If there is no prior art, that is fine - your ideas are interesting to us whether they are brand new or if it is an adaptation from other languages. -->
# Unresolved questions
<!-- - What parts of the design do you expect to resolve through the JEP process before this gets merged?
- What related issues do you consider out of scope for this JEP that could be addressed in the future independently of the solution that comes out of this JEP?
# Future possibilities
<!-- Think about what the natural extension and evolution of your proposal would
be and how it would affect the Jupyter community at-large. Try to use this section as a tool to more fully consider all possible
interactions with the project and language in your proposal.

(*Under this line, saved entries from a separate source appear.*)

-- ===== src/Core/Clean/Exact.antt =====
-- Which sockets a round of the cleaner frees.
use user_message_protocol.Base.{
  ℕ, ◌≡◌, refl, sym, ◌∙◌, ap, subst, Option, none, some, Bool, true, false, ◌&&◌, arith, if_both,
  if◌then◌else◌, List,
}
use user_message_protocol.Clock.{Clock, TimeVal}
use user_message_protocol.Core.{Peer, UmpCore, free_where, test_sock, due}
use user_message_protocol.Core.Clean.{sweep_closed, goes, clean}
use user_message_protocol.Core.Clean.Sweeps.{free_where-kept, stray, closed_owns, backlog_owns}
use user_message_protocol.Core.Clean.Places.{clean-Follows}
use user_message_protocol.Core.Place.{
  Place, nowhere, in_backlog, calling, in_use, at_rest, occupant, used, waiting, called, resting,
  place_unique, At, IsTidy,
}
use user_message_protocol.Core.Table.{SockAddr, GHashTable, IsTable, contains, spare}

-- The places where the cleaner looks.
abbrev pub is_looked_at : Place → Bool
is_looked_at (in_backlog i) = true
is_looked_at (at_rest i) = true
is_looked_at _ = false

spare-cases :
    (gone : ℕ → Bool) (o : Option ℕ) (b : Bool)
    → ((i : ℕ) → o ≡ some i → gone i ≡ b)
    → spare gone o ≡ (if b then none else o)
spare-cases gone none b same = if_both (λ (o : Option ℕ). none ≡ o) b refl refl
spare-cases gone (some i) b same = ap (λ (x : Bool). if x then none else some i) (same i refl)

-- The place that the tables tell of afterwards.
settled :
    (p q : Place) (b : Bool)
    → (b ≡ true → is_looked_at p ≡ true)
    → used q ≡ used p
    → called q ≡ called p
    → waiting q ≡ (if b then none else waiting p)
    → resting q ≡ (if b then none else resting p)
    → q ≡ (if b then nowhere else p)
settled p q true looked u c w r =
    place_unique q nowhere (u ∙ ground (arith, looked refl)) w (c ∙ ground (arith, looked refl)) r
settled p q false looked u c w r = place_unique q p u w c r

freed_as :
    {D : Type 0} (gone : ℕ → Bool) (is : List ℕ) (socks : ℕ → Option (Peer D)) (i : ℕ)
    → contains i is ≡ true
    → free_where gone is socks i ≡ (if gone i then none else socks i)
freed_as gone is socks i e = ap (λ (b : Bool). if b && gone i then none else socks i) e

not_looked_at : (a b : Bool) → a ≡ false → (a && b) ≡ false
not_looked_at a b e = ground (arith, e)

module _ {D : Type 0} {h : GHashTable} (laws : IsTable h) (clock : Clock) (cur : ℕ → TimeVal) where
  -- A socket that is not at rest is still there after the first sweep.
  first_sweep :
      (c : UmpCore D h) (a : SockAddr) (p : Place) (i : ℕ)
      → IsTidy c
      → At c a p
      → occupant p ≡ some i
      → resting p ≡ none
      → free_where (goes clock cur c) (h.values c.closed_umps) c.socks i ≡ c.socks i
  first_sweep c a p i w at o r =
      free_where-kept (goes clock cur c) (h.values c.closed_umps) c.socks i (
        not_looked_at _ _ (
          stray laws c.closed_umps c.socks a i (closed_owns laws c w) (at.closed_at ∙ r)
            (at.live i o)))

  -- A socket that is not in the backlog is left alone by the second sweep.
  second_sweep :
      (c : UmpCore D h) (a : SockAddr) (p : Place) (i : ℕ)
      → IsTidy c
      → At c a p
      → occupant p ≡ some i
      → waiting p ≡ none
      → (clean clock cur c).socks i
        ≡ free_where (goes clock cur c) (h.values c.closed_umps) c.socks i
  unfolding clean
  second_sweep c a p i w at o r =
      free_where-kept (goes clock cur (sweep_closed (goes clock cur c) c)) (h.values c.backlog_umps)
        (free_where (goes clock cur c) (h.values c.closed_umps) c.socks) i
        (not_looked_at _ _ (
          stray laws c.backlog_umps c.socks a i (backlog_owns laws c w) (at.backlog_at ∙ r)
            (at.live i o)))

  clean-socks :
      (c : UmpCore D h) (a : SockAddr) (p : Place) (i : ℕ)
      → IsTidy c
      → At c a p
      → occupant p ≡ some i
      → (clean clock cur c).socks i
        ≡ (if is_looked_at p && goes clock cur c i then none else c.socks i)
  unfolding clean
  clean-socks c a nowhere i w at o = absurd (ground (arith, o))
  clean-socks c a (in_backlog k) i w at o =
      freed_as (goes clock cur (sweep_closed (goes clock cur c) c)) (h.values c.backlog_umps)
        (free_where (goes clock cur c) (h.values c.closed_umps) c.socks) i
        (laws.key→value c.backlog_umps a i (at.backlog_at ∙ o))
      ∙ ap (λ (s : Option (Peer D)). if test_sock (due clock (cur i)) s then none else s)
          (first_sweep c a (in_backlog k) i w at o refl)
  clean-socks c a (at_rest k) i w at o =
      second_sweep c a (at_rest k) i w at o refl
      ∙ freed_as (goes clock cur c) (h.values c.closed_umps) c.socks i
          (laws.key→value c.closed_umps a i (at.closed_at ∙ o))
  clean-socks c a (calling k) i w at o =
      second_sweep c a (calling k) i w at o refl ∙ first_sweep c a (calling k) i w at o refl
  clean-socks c a (in_use k) i w at o =
      second_sweep c a (in_use k) i w at o refl ∙ first_sweep c a (in_use k) i w at o refl

  -- What the sweeps ask of the socket at the address.
  goes_backlog :
      (c : UmpCore D h) (a : SockAddr) (p : Place) (i : ℕ)
      → IsTidy c
      → At c a p
      → occupant p ≡ some i
      → (j : ℕ) → waiting p ≡ some j
      → goes clock cur (sweep_closed (goes clock cur c) c) j
        ≡ (is_looked_at p && goes clock cur c i)
  goes_backlog c a (in_backlog k) i w at o j e =
      subst (λ (x : ℕ). goes clock cur (sweep_closed (goes clock cur c) c) x ≡ goes clock cur c i)
        (ground (arith, e, o))
        (ap (test_sock (due clock (cur i))) (first_sweep c a (in_backlog k) i w at o refl))
  goes_backlog c a nowhere i w at o j e = absurd (ground (arith, e))
  goes_backlog c a (calling k) i w at o j e = absurd (ground (arith, e))
  goes_backlog c a (in_use k) i w at o j e = absurd (ground (arith, e))
  goes_backlog c a (at_rest k) i w at o j e = absurd (ground (arith, e))

  goes_closed :
      (c : UmpCore D h) (p : Place) (i : ℕ)
      → occupant p ≡ some i
      → (j : ℕ) → resting p ≡ some j
      → goes clock cur c j ≡ (is_looked_at p && goes clock cur c i)
  goes_closed c (at_rest k) i o j e = ap (goes clock cur c) (ground (arith, e, o))
  goes_closed c nowhere i o j e = absurd (ground (arith, e))
  goes_closed c (in_backlog k) i o j e = absurd (ground (arith, e))
  goes_closed c (calling k) i o j e = absurd (ground (arith, e))
  goes_closed c (in_use k) i o j e = absurd (ground (arith, e))

  -- A round of the cleaner frees a socket exactly when it is in the backlog or at rest and `due`
  -- says that it was closed 20 seconds before; its address is nowhere then. Every other socket of a
  -- table stays as it is, where it is.
  pub clean-exact :
      (c : UmpCore D h) (a : SockAddr) (p : Place) (i : ℕ)
      → IsTidy c
      → At c a p
      → occupant p ≡ some i
      → let b = is_looked_at p && goes clock cur c i in
        At (clean clock cur c) a (if b then nowhere else p)
        × ((clean clock cur c).socks i ≡ (if b then none else c.socks i))
  unfolding clean
  clean-exact c a p i w at o =
      let f = clean-Follows laws clock cur c a p w at in
      let g1 = goes clock cur (sweep_closed (goes clock cur c) c) in
      let b = is_looked_at p && goes clock cur c i in
      (
        subst (At (clean clock cur c) a)
            (settled p f.place b (λ e. ground (arith, e)) (sym f.there.umps_at ∙ at.umps_at)
              (sym f.there.act_at ∙ at.act_at)
              (sym f.there.backlog_at
                ∙ laws.lookup-foreach_remove c.backlog_umps g1 a
                ∙ ap (spare g1) at.backlog_at
                ∙ spare-cases g1 (waiting p) b (goes_backlog c a p i w at o))
              (sym f.there.closed_at
                ∙ laws.lookup-foreach_remove c.closed_umps (goes clock cur c) a
                ∙ ap (spare (goes clock cur c)) at.closed_at
                ∙ spare-cases (goes clock cur c) (resting p) b (goes_closed c p i o)))
            f.there,
        clean-socks c a p i w at o,
      )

Also consider how the this all fits into the roadmap for the project
and of the relevant sub-team.
This is also a good place to "dump ideas", if they are out of scope for the
JEP you are writing but otherwise related.
If you have tried and cannot think of any future possibilities,
you may simply state that you cannot think of anything.
Note that having something written down in the future-possibilities section
is not a reason to accept the current or a future JEP; such notes should be
in the section on motivation or rationale in this or subsequent JEPs. -->
See [`Generalise cell types` JEP](https://hackmd.io/EmDM0wm1Tli3VVW7KrTwJQ?both)
Questions from the workshop:
1. Why do we use a list and allOf, instead of extraSchema being a dictionary with each key scoping to a specific part of the document?
- Multiple extensions should be able to add things to this list without conflicting.
- We wanted to conform to the allOf semantics on document validation, which makes it easier to use existing validation tooling.
- We wanted to preserve maximum flexibility moving forward for extra schemas possibly modifying various parts of the document. We'll start with extra schemas specifying metadata keys.
2. What happens if the notebook does not validate against one of the extra schemas?
- Right now, nbformat may refuse to open the notebook. Going forward, perhaps validation failure of the extra schemas should be a warning to the user rather than a hard refusal to open the notebook
3. How do we handle conflicts of extra schemas?
- Part of this proposal is to surface conflicts that right now are resulting in possible silent corruption (for example, two plugins using the same metadata key). With the extra schemas giving the intent of the structure, we can inform users and plugin developers of these conflicts _before_ they arise in practice, instead of silent corruption.